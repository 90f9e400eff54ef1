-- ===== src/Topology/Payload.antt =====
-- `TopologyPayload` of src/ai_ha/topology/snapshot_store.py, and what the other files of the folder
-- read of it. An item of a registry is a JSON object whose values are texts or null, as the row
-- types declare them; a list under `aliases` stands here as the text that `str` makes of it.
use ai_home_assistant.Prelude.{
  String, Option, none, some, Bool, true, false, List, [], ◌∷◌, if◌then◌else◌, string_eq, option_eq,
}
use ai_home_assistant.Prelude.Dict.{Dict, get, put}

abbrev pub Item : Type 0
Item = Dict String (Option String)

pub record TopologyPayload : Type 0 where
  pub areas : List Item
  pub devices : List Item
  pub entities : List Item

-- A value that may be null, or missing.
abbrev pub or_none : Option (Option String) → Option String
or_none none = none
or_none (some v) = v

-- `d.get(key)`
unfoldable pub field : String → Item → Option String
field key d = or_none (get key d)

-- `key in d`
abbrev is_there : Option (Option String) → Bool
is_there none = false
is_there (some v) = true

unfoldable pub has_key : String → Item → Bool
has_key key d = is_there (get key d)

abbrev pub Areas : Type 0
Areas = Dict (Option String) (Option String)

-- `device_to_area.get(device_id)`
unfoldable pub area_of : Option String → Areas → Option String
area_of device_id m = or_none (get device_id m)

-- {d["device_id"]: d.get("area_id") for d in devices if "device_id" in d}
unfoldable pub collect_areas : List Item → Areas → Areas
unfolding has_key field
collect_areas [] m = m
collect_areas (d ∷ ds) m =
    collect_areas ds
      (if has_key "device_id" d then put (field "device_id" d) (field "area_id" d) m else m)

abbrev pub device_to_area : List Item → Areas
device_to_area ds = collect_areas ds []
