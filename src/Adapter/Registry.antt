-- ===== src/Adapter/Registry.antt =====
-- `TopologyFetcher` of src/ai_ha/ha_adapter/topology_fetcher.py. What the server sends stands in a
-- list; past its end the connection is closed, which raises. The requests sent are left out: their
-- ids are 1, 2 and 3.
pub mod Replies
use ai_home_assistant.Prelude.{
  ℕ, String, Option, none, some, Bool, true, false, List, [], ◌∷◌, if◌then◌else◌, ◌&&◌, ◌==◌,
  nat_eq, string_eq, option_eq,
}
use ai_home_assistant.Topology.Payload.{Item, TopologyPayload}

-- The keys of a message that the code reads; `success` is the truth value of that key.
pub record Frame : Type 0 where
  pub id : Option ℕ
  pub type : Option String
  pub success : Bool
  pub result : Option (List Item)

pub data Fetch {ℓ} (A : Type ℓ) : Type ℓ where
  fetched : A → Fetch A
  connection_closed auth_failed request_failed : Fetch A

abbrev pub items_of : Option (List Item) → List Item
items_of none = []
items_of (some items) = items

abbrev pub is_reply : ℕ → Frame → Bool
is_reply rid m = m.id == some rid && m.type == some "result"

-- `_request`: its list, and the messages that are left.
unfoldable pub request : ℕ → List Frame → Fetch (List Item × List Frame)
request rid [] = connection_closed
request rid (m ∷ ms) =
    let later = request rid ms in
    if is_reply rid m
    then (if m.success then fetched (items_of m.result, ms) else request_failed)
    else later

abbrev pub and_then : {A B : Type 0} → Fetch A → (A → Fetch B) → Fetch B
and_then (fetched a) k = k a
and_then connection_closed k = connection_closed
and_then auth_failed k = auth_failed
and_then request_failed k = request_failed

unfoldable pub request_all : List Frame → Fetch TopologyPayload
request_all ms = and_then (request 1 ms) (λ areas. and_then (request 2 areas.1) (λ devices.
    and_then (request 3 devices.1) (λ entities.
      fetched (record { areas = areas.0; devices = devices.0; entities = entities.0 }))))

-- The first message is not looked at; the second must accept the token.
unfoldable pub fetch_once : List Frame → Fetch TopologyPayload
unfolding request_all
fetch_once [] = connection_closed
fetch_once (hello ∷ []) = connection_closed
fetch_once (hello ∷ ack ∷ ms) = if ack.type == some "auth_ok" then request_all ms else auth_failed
◇ ◇ ◇ ◇ ◇
To do:
If a line appears above, it belongs in your answer, printed exactly.

Task output:
repository 90f9e400eff54ef1
-- ===== src/Topology/Payload.antt =====
-- `TopologyPayload` of src/ai_ha/topology/snapshot_store.py, and what the other files of the folder
-- read of it. An item of a registry is a JSON object whose values are texts or null, as the row
-- types declare them; a list under `aliases` stands here as the text that `str` makes of it.
use ai_home_assistant.Prelude.{
  String, Option, none, some, Bool, true, false, List, [], ◌∷◌, if◌then◌else◌, string_eq, option_eq,
}
use ai_home_assistant.Prelude.Dict.{Dict, get, put}

abbrev pub Item : Type 0
Item = Dict String (Option String)

pub record TopologyPayload : Type 0 where
  pub areas : List Item
  pub devices : List Item
  pub entities : List Item

-- A value that may be null, or missing.
abbrev pub or_none : Option (Option String) → Option String
or_none none = none
or_none (some v) = v

-- `d.get(key)`
unfoldable pub field : String → Item → Option String
field key d = or_none (get key d)

-- `key in d`
abbrev is_there : Option (Option String) → Bool
is_there none = false
is_there (some v) = true

unfoldable pub has_key : String → Item → Bool
has_key key d = is_there (get key d)

abbrev pub Areas : Type 0
Areas = Dict (Option String) (Option String)

-- `device_to_area.get(device_id)`
unfoldable pub area_of : Option String → Areas → Option String
area_of device_id m = or_none (get device_id m)

-- {d["device_id"]: d.get("area_id") for d in devices if "device_id" in d}
unfoldable pub collect_areas : List Item → Areas → Areas
unfolding has_key field
collect_areas [] m = m
collect_areas (d ∷ ds) m =
    collect_areas ds
      (if has_key "device_id" d then put (field "device_id" d) (field "area_id" d) m else m)

abbrev pub device_to_area : List Item → Areas
device_to_area ds = collect_areas ds []
filename src/Adapter/Registry.antt
-- ===== src/Adapter/Registry.antt =====
-- `TopologyFetcher` of src/ai_ha/ha_adapter/topology_fetcher.py. What the server sends stands in a
-- list; past its end the connection is closed, which raises. The requests sent are left out: their
-- ids are 1, 2 and 3.
pub mod Replies
use ai_home_assistant.Prelude.{
  ℕ, String, Option, none, some, Bool, true, false, List, [], ◌∷◌, if◌then◌else◌, ◌&&◌, ◌==◌,
  nat_eq, string_eq, option_eq,
}
use ai_home_assistant.Topology.Payload.{Item, TopologyPayload}

-- The keys of a message that the code reads; `success` is the truth value of that key.
pub record Frame : Type 0 where
  pub id : Option ℕ
  pub type : Option String
  pub success : Bool
  pub result : Option (List Item)

pub data Fetch {ℓ} (A : Type ℓ) : Type ℓ where
  fetched : A → Fetch A
  connection_closed auth_failed request_failed : Fetch A

abbrev pub items_of : Option (List Item) → List Item
items_of none = []
items_of (some items) = items

abbrev pub is_reply : ℕ → Frame → Bool
is_reply rid m = m.id == some rid && m.type == some "result"

-- `_request`: its list, and the messages that are left.
unfoldable pub request : ℕ → List Frame → Fetch (List Item × List Frame)
request rid [] = connection_closed
request rid (m ∷ ms) =
    let later = request rid ms in
    if is_reply rid m
    then (if m.success then fetched (items_of m.result, ms) else request_failed)
    else later

abbrev pub and_then : {A B : Type 0} → Fetch A → (A → Fetch B) → Fetch B
and_then (fetched a) k = k a
and_then connection_closed k = connection_closed
and_then auth_failed k = auth_failed
and_then request_failed k = request_failed

unfoldable pub request_all : List Frame → Fetch TopologyPayload
request_all ms = and_then (request 1 ms) (λ areas. and_then (request 2 areas.1) (λ devices.
    and_then (request 3 devices.1) (λ entities.
      fetched (record { areas = areas.0; devices = devices.0; entities = entities.0 }))))

-- The first message is not looked at; the second must accept the token.
unfoldable pub fetch_once : List Frame → Fetch TopologyPayload
unfolding request_all
fetch_once [] = connection_closed
fetch_once (hello ∷ []) = connection_closed
fetch_once (hello ∷ ack ∷ ms) = if ack.type == some "auth_ok" then request_all ms else auth_failed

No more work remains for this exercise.